Data under study

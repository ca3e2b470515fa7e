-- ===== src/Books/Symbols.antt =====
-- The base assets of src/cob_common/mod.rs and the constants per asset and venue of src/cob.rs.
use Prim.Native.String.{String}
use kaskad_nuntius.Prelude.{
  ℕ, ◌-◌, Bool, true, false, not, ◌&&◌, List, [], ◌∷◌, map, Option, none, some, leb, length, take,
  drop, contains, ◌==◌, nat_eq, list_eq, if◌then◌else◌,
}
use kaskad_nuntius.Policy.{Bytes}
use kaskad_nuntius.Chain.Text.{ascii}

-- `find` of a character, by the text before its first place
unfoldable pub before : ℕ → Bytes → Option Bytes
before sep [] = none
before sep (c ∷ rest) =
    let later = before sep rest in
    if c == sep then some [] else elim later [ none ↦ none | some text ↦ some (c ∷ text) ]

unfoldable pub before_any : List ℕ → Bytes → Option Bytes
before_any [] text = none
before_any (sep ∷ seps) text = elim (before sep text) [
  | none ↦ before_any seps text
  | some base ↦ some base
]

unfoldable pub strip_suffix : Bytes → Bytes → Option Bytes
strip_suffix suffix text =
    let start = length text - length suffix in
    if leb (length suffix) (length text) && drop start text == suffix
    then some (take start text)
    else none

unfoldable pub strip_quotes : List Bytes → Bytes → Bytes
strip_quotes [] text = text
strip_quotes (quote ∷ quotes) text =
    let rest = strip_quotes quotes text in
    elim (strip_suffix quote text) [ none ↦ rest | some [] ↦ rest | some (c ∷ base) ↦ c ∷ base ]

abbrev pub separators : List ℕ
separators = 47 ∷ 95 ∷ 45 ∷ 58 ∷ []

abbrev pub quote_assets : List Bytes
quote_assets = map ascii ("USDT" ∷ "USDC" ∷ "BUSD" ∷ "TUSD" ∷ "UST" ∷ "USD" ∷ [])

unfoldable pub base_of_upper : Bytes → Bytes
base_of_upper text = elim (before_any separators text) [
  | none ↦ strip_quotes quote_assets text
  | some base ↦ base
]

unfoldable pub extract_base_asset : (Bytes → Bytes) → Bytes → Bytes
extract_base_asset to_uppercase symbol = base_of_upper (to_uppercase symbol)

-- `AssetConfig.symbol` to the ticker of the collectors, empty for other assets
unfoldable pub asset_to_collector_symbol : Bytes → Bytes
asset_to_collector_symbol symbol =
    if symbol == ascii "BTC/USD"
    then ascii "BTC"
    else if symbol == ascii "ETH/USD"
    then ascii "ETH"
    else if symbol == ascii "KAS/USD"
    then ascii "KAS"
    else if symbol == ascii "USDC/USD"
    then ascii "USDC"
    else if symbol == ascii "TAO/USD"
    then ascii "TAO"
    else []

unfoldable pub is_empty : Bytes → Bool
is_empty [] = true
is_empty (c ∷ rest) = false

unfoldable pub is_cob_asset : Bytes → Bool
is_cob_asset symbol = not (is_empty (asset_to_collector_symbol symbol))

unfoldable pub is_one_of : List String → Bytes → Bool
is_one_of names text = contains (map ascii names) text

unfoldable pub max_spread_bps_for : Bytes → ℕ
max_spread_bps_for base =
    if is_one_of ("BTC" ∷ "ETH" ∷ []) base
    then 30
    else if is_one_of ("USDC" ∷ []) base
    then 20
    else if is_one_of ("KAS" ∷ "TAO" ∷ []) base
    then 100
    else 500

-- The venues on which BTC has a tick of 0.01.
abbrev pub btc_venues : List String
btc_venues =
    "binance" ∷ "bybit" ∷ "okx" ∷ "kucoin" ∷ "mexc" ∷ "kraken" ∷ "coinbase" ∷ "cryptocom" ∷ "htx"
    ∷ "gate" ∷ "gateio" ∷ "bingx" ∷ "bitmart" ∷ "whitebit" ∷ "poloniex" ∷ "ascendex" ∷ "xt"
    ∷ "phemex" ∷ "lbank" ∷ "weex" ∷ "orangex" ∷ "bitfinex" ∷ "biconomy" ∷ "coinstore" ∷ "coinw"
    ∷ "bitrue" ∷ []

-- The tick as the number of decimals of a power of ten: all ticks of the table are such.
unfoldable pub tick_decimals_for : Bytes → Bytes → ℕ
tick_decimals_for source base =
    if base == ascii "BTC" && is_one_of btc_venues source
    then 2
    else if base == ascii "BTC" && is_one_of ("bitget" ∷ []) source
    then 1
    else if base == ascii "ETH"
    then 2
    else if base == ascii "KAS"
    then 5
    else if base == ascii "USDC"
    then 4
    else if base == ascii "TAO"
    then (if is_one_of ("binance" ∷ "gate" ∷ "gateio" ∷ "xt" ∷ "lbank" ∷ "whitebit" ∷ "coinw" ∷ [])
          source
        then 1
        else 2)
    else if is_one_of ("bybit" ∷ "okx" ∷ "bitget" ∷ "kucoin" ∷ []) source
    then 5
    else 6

Task prompt
The reply should consist of the full listing, copied exactly.

Exercise result
repository ca3e2b470515fa7e
-- ===== src/Books/Symbols.antt =====
-- The base assets of src/cob_common/mod.rs and the constants per asset and venue of src/cob.rs.
use Prim.Native.String.{String}
use kaskad_nuntius.Prelude.{
  ℕ, ◌-◌, Bool, true, false, not, ◌&&◌, List, [], ◌∷◌, map, Option, none, some, leb, length, take,
  drop, contains, ◌==◌, nat_eq, list_eq, if◌then◌else◌,
}
use kaskad_nuntius.Policy.{Bytes}
use kaskad_nuntius.Chain.Text.{ascii}

-- `find` of a character, by the text before its first place
unfoldable pub before : ℕ → Bytes → Option Bytes
before sep [] = none
before sep (c ∷ rest) =
    let later = before sep rest in
    if c == sep then some [] else elim later [ none ↦ none | some text ↦ some (c ∷ text) ]

unfoldable pub before_any : List ℕ → Bytes → Option Bytes
before_any [] text = none
before_any (sep ∷ seps) text = elim (before sep text) [
  | none ↦ before_any seps text
  | some base ↦ some base
]

unfoldable pub strip_suffix : Bytes → Bytes → Option Bytes
strip_suffix suffix text =
    let start = length text - length suffix in
    if leb (length suffix) (length text) && drop start text == suffix
    then some (take start text)
    else none

unfoldable pub strip_quotes : List Bytes → Bytes → Bytes
strip_quotes [] text = text
strip_quotes (quote ∷ quotes) text =
    let rest = strip_quotes quotes text in
    elim (strip_suffix quote text) [ none ↦ rest | some [] ↦ rest | some (c ∷ base) ↦ c ∷ base ]

abbrev pub separators : List ℕ
separators = 47 ∷ 95 ∷ 45 ∷ 58 ∷ []

abbrev pub quote_assets : List Bytes
quote_assets = map ascii ("USDT" ∷ "USDC" ∷ "BUSD" ∷ "TUSD" ∷ "UST" ∷ "USD" ∷ [])

unfoldable pub base_of_upper : Bytes → Bytes
base_of_upper text = elim (before_any separators text) [
  | none ↦ strip_quotes quote_assets text
  | some base ↦ base
]

unfoldable pub extract_base_asset : (Bytes → Bytes) → Bytes → Bytes
extract_base_asset to_uppercase symbol = base_of_upper (to_uppercase symbol)

-- `AssetConfig.symbol` to the ticker of the collectors, empty for other assets
unfoldable pub asset_to_collector_symbol : Bytes → Bytes
asset_to_collector_symbol symbol =
    if symbol == ascii "BTC/USD"
    then ascii "BTC"
    else if symbol == ascii "ETH/USD"
    then ascii "ETH"
    else if symbol == ascii "KAS/USD"
    then ascii "KAS"
    else if symbol == ascii "USDC/USD"
    then ascii "USDC"
    else if symbol == ascii "TAO/USD"
    then ascii "TAO"
    else []

unfoldable pub is_empty : Bytes → Bool
is_empty [] = true
is_empty (c ∷ rest) = false

unfoldable pub is_cob_asset : Bytes → Bool
is_cob_asset symbol = not (is_empty (asset_to_collector_symbol symbol))

unfoldable pub is_one_of : List String → Bytes → Bool
is_one_of names text = contains (map ascii names) text

unfoldable pub max_spread_bps_for : Bytes → ℕ
max_spread_bps_for base =
    if is_one_of ("BTC" ∷ "ETH" ∷ []) base
    then 30
    else if is_one_of ("USDC" ∷ []) base
    then 20
    else if is_one_of ("KAS" ∷ "TAO" ∷ []) base
    then 100
    else 500

-- The venues on which BTC has a tick of 0.01.
abbrev pub btc_venues : List String
btc_venues =
    "binance" ∷ "bybit" ∷ "okx" ∷ "kucoin" ∷ "mexc" ∷ "kraken" ∷ "coinbase" ∷ "cryptocom" ∷ "htx"
    ∷ "gate" ∷ "gateio" ∷ "bingx" ∷ "bitmart" ∷ "whitebit" ∷ "poloniex" ∷ "ascendex" ∷ "xt"
    ∷ "phemex" ∷ "lbank" ∷ "weex" ∷ "orangex" ∷ "bitfinex" ∷ "biconomy" ∷ "coinstore" ∷ "coinw"
    ∷ "bitrue" ∷ []

-- The tick as the number of decimals of a power of ten: all ticks of the table are such.
unfoldable pub tick_decimals_for : Bytes → Bytes → ℕ
tick_decimals_for source base =
    if base == ascii "BTC" && is_one_of btc_venues source
    then 2
    else if base == ascii "BTC" && is_one_of ("bitget" ∷ []) source
    then 1
    else if base == ascii "ETH"
    then 2
    else if base == ascii "KAS"
    then 5
    else if base == ascii "USDC"
    then 4
    else if base == ascii "TAO"
    then (if is_one_of ("binance" ∷ "gate" ∷ "gateio" ∷ "xt" ∷ "lbank" ∷ "whitebit" ∷ "coinw" ∷ [])
          source
        then 1
        else 2)
    else if is_one_of ("bybit" ∷ "okx" ∷ "bitget" ∷ "kucoin" ∷ []) source
    then 5
    else 6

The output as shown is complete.